LISTED ENTRIES Block Start

-- ===== src/CookieModify/Jars.antt =====
-- What a change of a cookie does to a jar.
use good_mitm.Prelude.{
  ◌≡◌, ◌≢◌, ◌⊎◌, sym, ap, ◌∙◌, true, false, Bool-cases, inl, inr, none, some, [], unwrap_or,
  or_else,
}
use good_mitm.Text.{Text}
use good_mitm.Env.{Env}
use good_mitm.Env.Laws.{CookieLaws}
use good_mitm.Io.{done}
use good_mitm.Io.Ensures.{Ensures, Ensures-bind}
use good_mitm.HeaderModify.{MapModify}
use good_mitm.CookieModify.{new_cookie_value, cookie_value_of, modify_jar, modify_jars}

module _ (E : Env) (laws : CookieLaws E) (md : MapModify) where
  -- From the jar, with the text that the new value is made of: the cookie is gone, or it is a new one
  -- with the value that the change makes, and every other cookie is what it was.
  pub record JarChanged (origin : Text) (jar jar' : E.CookieJar) : Type 0 where
    pub at_key :
        ((md.remove ≡ true) × (E.jar_get md.key jar' ≡ none))
        ⊎ ((v : Text) × (md.remove ≡ false)
            × ((new_cookie_value E md.value origin).1 ≡ done v)
            × (E.jar_get md.key jar' ≡ some (E.cookie_new md.key v)))
    pub others : (k : Text) → k ≢ md.key → E.jar_get k jar' ≡ E.jar_get k jar

  removed :
      (origin : Text) (jar : E.CookieJar)
      → md.remove ≡ true
      → JarChanged origin jar (E.jar_remove (E.cookie_named md.key) jar)
  removed origin jar removes = record {
    at_key = inl (
      removes,
      ap (λ k. E.jar_get k (E.jar_remove (E.cookie_named md.key) jar))
            (sym (laws.name-named md.key))
          ∙ laws.get-remove (E.cookie_named md.key) jar,
    );
    others = λ k other.
        laws.get-remove_ne k (E.cookie_named md.key) jar (λ e. other (e ∙ laws.name-named md.key));
  }

  added :
      (origin v : Text) (jar : E.CookieJar)
      → md.remove ≡ false
      → (new_cookie_value E md.value origin).1 ≡ done v
      → JarChanged origin jar (E.jar_add (E.cookie_new md.key v) jar)
  added origin v jar sets made = record {
    at_key = inr (
      v,
      sets,
      made,
      ap (λ k. E.jar_get k (E.jar_add (E.cookie_new md.key v) jar)) (sym (laws.name-new md.key v))
          ∙ laws.get-add (E.cookie_new md.key v) jar,
    );
    others = λ k other.
        laws.get-add_ne k (E.cookie_new md.key v) jar (λ e. other (e ∙ laws.name-new md.key v));
  }

  -- If the change of a request's cookies does not panic, the jar has lost the cookie of the key, or
  -- has it with the value that the change makes of the old one; every other cookie is what it was.
  modify_jar-JarChanged :
      (jar : E.CookieJar)
      → Ensures (JarChanged (unwrap_or [] (cookie_value_of E md.key jar)) jar) (modify_jar E md jar)
  unfolding modify_jar
  modify_jar-JarChanged jar =
      let origin = unwrap_or [] (cookie_value_of E md.key jar) in
      elim (Bool-cases md.remove) [
        | inl removes ↦ simp removes (removed origin jar removes)
        | inr sets ↦ simp sets (
            Ensures-bind _ (new_cookie_value E md.value origin) _
              (λ v made. added origin v jar sets made))
      ]

  -- If the change of a response's cookies does not panic, both its jars are changed so, with one new
  -- value, which is made of the old one in the first jar that has the cookie.
  pub modify_jars-JarChanged :
      (jar set_jar : E.CookieJar)
      → Ensures
          (λ jars.
            JarChanged
              (unwrap_or []
                (or_else (cookie_value_of E md.key jar) (cookie_value_of E md.key set_jar)))
              jar
              jars.0
            × JarChanged
                (unwrap_or []
                  (or_else (cookie_value_of E md.key jar) (cookie_value_of E md.key set_jar)))
                set_jar
                jars.1)
          (modify_jars E md jar set_jar)
  unfolding modify_jars
  modify_jars-JarChanged jar set_jar =
      let origin =
        unwrap_or [] (or_else (cookie_value_of E md.key jar) (cookie_value_of E md.key set_jar)) in
      elim (Bool-cases md.remove) [
        | inl removes ↦ simp removes (removed origin jar removes, removed origin set_jar removes)
        | inr sets ↦ simp sets (
            Ensures-bind _ (new_cookie_value E md.value origin) _
              (λ v made. (added origin v jar sets made, added origin v set_jar sets made)))
      ]
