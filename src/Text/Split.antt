-- ===== src/Text/Split.antt =====
-- Splitting undoes joining.
use good_mitm.Prelude.{
  ◌≡◌, refl, sym, ◌∙◌, ap, ◌==◌, false, List, [], ◌∷◌, ◌++◌, append-nil, append_assoc, All,
}
use good_mitm.Text.{Text, codes, starts_with, split_from, split, join}

-- No byte of the text is a semicolon.
abbrev pub IsPlain : Text → Type 0
IsPlain = All (λ c. (c == b';') ≡ false)

split_from-plain :
    (cur p s : Text)
    → IsPlain p
    → split_from (codes "; ") 0 cur (p ++ s) ≡ split_from (codes "; ") 0 (cur ++ p) s
unfolding split_from starts_with
split_from-plain cur [] s h = rw append-nil refl
split_from-plain cur (c ∷ p) s (other, h) =
    rw (other, split_from)
      (split_from-plain (cur ++ (c ∷ [])) p s h
        ∙ ap (λ t. split_from (codes "; ") 0 t s) (append_assoc cur (c ∷ []) p))

split_from-separator :
    (cur s : Text)
    → split_from (codes "; ") 0 cur (codes "; " ++ s) ≡ cur ∷ split_from (codes "; ") 0 [] s
unfolding split_from starts_with
split_from-separator cur s = refl

split_from-join :
    (x : Text) (xs : List Text)
    → All IsPlain (x ∷ xs)
    → split_from (codes "; ") 0 [] (join (codes "; ") (x ∷ xs)) ≡ x ∷ xs
unfolding join split_from
split_from-join x [] (p, _) =
    ap (split_from (codes "; ") 0 []) (sym (append-nil x)) ∙ split_from-plain [] x [] p
split_from-join x (y ∷ ys) (p, h) =
    ap (split_from (codes "; ") 0 []) (append_assoc x (codes "; ") (join (codes "; ") (y ∷ ys)))
    ∙ split_from-plain [] x (codes "; " ++ join (codes "; ") (y ∷ ys)) p
    ∙ split_from-separator x (join (codes "; ") (y ∷ ys))
    ∙ ap (λ r. x ∷ r) (split_from-join y ys h)

-- Texts without semicolons that are joined by `; ` are what splitting at it gives, if there are any.
pub split-join :
    (x : Text) (xs : List Text)
    → All IsPlain (x ∷ xs)
    → split (codes "; ") (join (codes "; ") (x ∷ xs)) ≡ x ∷ xs
unfolding split
split-join x xs h = split_from-join x xs h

LISTED ENTRIES Block End

| GOAL OF THE EXERCISE |
Repeat all of the records exactly.

| COMPLETED EXERCISE |
-- ===== src/CookieModify/Jars.antt =====
-- What a change of a cookie does to a jar.
use good_mitm.Prelude.{
  ◌≡◌, ◌≢◌, ◌⊎◌, sym, ap, ◌∙◌, true, false, Bool-cases, inl, inr, none, some, [], unwrap_or,
  or_else,
}
use good_mitm.Text.{Text}
use good_mitm.Env.{Env}
use good_mitm.Env.Laws.{CookieLaws}
use good_mitm.Io.{done}
use good_mitm.Io.Ensures.{Ensures, Ensures-bind}
use good_mitm.HeaderModify.{MapModify}
use good_mitm.CookieModify.{new_cookie_value, cookie_value_of, modify_jar, modify_jars}

module _ (E : Env) (laws : CookieLaws E) (md : MapModify) where
  -- From the jar, with the text that the new value is made of: the cookie is gone, or it is a new one
  -- with the value that the change makes, and every other cookie is what it was.
  pub record JarChanged (origin : Text) (jar jar' : E.CookieJar) : Type 0 where
    pub at_key :
        ((md.remove ≡ true) × (E.jar_get md.key jar' ≡ none))
        ⊎ ((v : Text) × (md.remove ≡ false)
            × ((new_cookie_value E md.value origin).1 ≡ done v)
            × (E.jar_get md.key jar' ≡ some (E.cookie_new md.key v)))
    pub others : (k : Text) → k ≢ md.key → E.jar_get k jar' ≡ E.jar_get k jar

  removed :
      (origin : Text) (jar : E.CookieJar)
      → md.remove ≡ true
      → JarChanged origin jar (E.jar_remove (E.cookie_named md.key) jar)
  removed origin jar removes = record {
    at_key = inl (
      removes,
      ap (λ k. E.jar_get k (E.jar_remove (E.cookie_named md.key) jar))
            (sym (laws.name-named md.key))
          ∙ laws.get-remove (E.cookie_named md.key) jar,
    );
    others = λ k other.
        laws.get-remove_ne k (E.cookie_named md.key) jar (λ e. other (e ∙ laws.name-named md.key));
  }

  added :
      (origin v : Text) (jar : E.CookieJar)
      → md.remove ≡ false
      → (new_cookie_value E md.value origin).1 ≡ done v
      → JarChanged origin jar (E.jar_add (E.cookie_new md.key v) jar)
  added origin v jar sets made = record {
    at_key = inr (
      v,
      sets,
      made,
      ap (λ k. E.jar_get k (E.jar_add (E.cookie_new md.key v) jar)) (sym (laws.name-new md.key v))
          ∙ laws.get-add (E.cookie_new md.key v) jar,
    );
    others = λ k other.
        laws.get-add_ne k (E.cookie_new md.key v) jar (λ e. other (e ∙ laws.name-new md.key v));
  }

  -- If the change of a request's cookies does not panic, the jar has lost the cookie of the key, or
  -- has it with the value that the change makes of the old one; every other cookie is what it was.
  modify_jar-JarChanged :
      (jar : E.CookieJar)
      → Ensures (JarChanged (unwrap_or [] (cookie_value_of E md.key jar)) jar) (modify_jar E md jar)
  unfolding modify_jar
  modify_jar-JarChanged jar =
      let origin = unwrap_or [] (cookie_value_of E md.key jar) in
      elim (Bool-cases md.remove) [
        | inl removes ↦ simp removes (removed origin jar removes)
        | inr sets ↦ simp sets (
            Ensures-bind _ (new_cookie_value E md.value origin) _
              (λ v made. added origin v jar sets made))
      ]

  -- If the change of a response's cookies does not panic, both its jars are changed so, with one new
  -- value, which is made of the old one in the first jar that has the cookie.
  pub modify_jars-JarChanged :
      (jar set_jar : E.CookieJar)
      → Ensures
          (λ jars.
            JarChanged
              (unwrap_or []
                (or_else (cookie_value_of E md.key jar) (cookie_value_of E md.key set_jar)))
              jar
              jars.0
            × JarChanged
                (unwrap_or []
                  (or_else (cookie_value_of E md.key jar) (cookie_value_of E md.key set_jar)))
                set_jar
                jars.1)
          (modify_jars E md jar set_jar)
  unfolding modify_jars
  modify_jars-JarChanged jar set_jar =
      let origin =
        unwrap_or [] (or_else (cookie_value_of E md.key jar) (cookie_value_of E md.key set_jar)) in
      elim (Bool-cases md.remove) [
        | inl removes ↦ simp removes (removed origin jar removes, removed origin set_jar removes)
        | inr sets ↦ simp sets (
            Ensures-bind _ (new_cookie_value E md.value origin) _
              (λ v made. (added origin v jar sets made, added origin v set_jar sets made)))
      ]
filename src/Text/Split.antt
-- ===== src/Text/Split.antt =====
-- Splitting undoes joining.
use good_mitm.Prelude.{
  ◌≡◌, refl, sym, ◌∙◌, ap, ◌==◌, false, List, [], ◌∷◌, ◌++◌, append-nil, append_assoc, All,
}
use good_mitm.Text.{Text, codes, starts_with, split_from, split, join}

-- No byte of the text is a semicolon.
abbrev pub IsPlain : Text → Type 0
IsPlain = All (λ c. (c == b';') ≡ false)

split_from-plain :
    (cur p s : Text)
    → IsPlain p
    → split_from (codes "; ") 0 cur (p ++ s) ≡ split_from (codes "; ") 0 (cur ++ p) s
unfolding split_from starts_with
split_from-plain cur [] s h = rw append-nil refl
split_from-plain cur (c ∷ p) s (other, h) =
    rw (other, split_from)
      (split_from-plain (cur ++ (c ∷ [])) p s h
        ∙ ap (λ t. split_from (codes "; ") 0 t s) (append_assoc cur (c ∷ []) p))

split_from-separator :
    (cur s : Text)
    → split_from (codes "; ") 0 cur (codes "; " ++ s) ≡ cur ∷ split_from (codes "; ") 0 [] s
unfolding split_from starts_with
split_from-separator cur s = refl

split_from-join :
    (x : Text) (xs : List Text)
    → All IsPlain (x ∷ xs)
    → split_from (codes "; ") 0 [] (join (codes "; ") (x ∷ xs)) ≡ x ∷ xs
unfolding join split_from
split_from-join x [] (p, _) =
    ap (split_from (codes "; ") 0 []) (sym (append-nil x)) ∙ split_from-plain [] x [] p
split_from-join x (y ∷ ys) (p, h) =
    ap (split_from (codes "; ") 0 []) (append_assoc x (codes "; ") (join (codes "; ") (y ∷ ys)))
    ∙ split_from-plain [] x (codes "; " ++ join (codes "; ") (y ∷ ys)) p
    ∙ split_from-separator x (join (codes "; ") (y ∷ ys))
    ∙ ap (λ r. x ∷ r) (split_from-join y ys h)

-- Texts without semicolons that are joined by `; ` are what splitting at it gives, if there are any.
pub split-join :
    (x : Text) (xs : List Text)
    → All IsPlain (x ∷ xs)
    → split (codes "; ") (join (codes "; ") (x ∷ xs)) ≡ x ∷ xs
unfolding split
split-join x xs h = split_from-join x xs h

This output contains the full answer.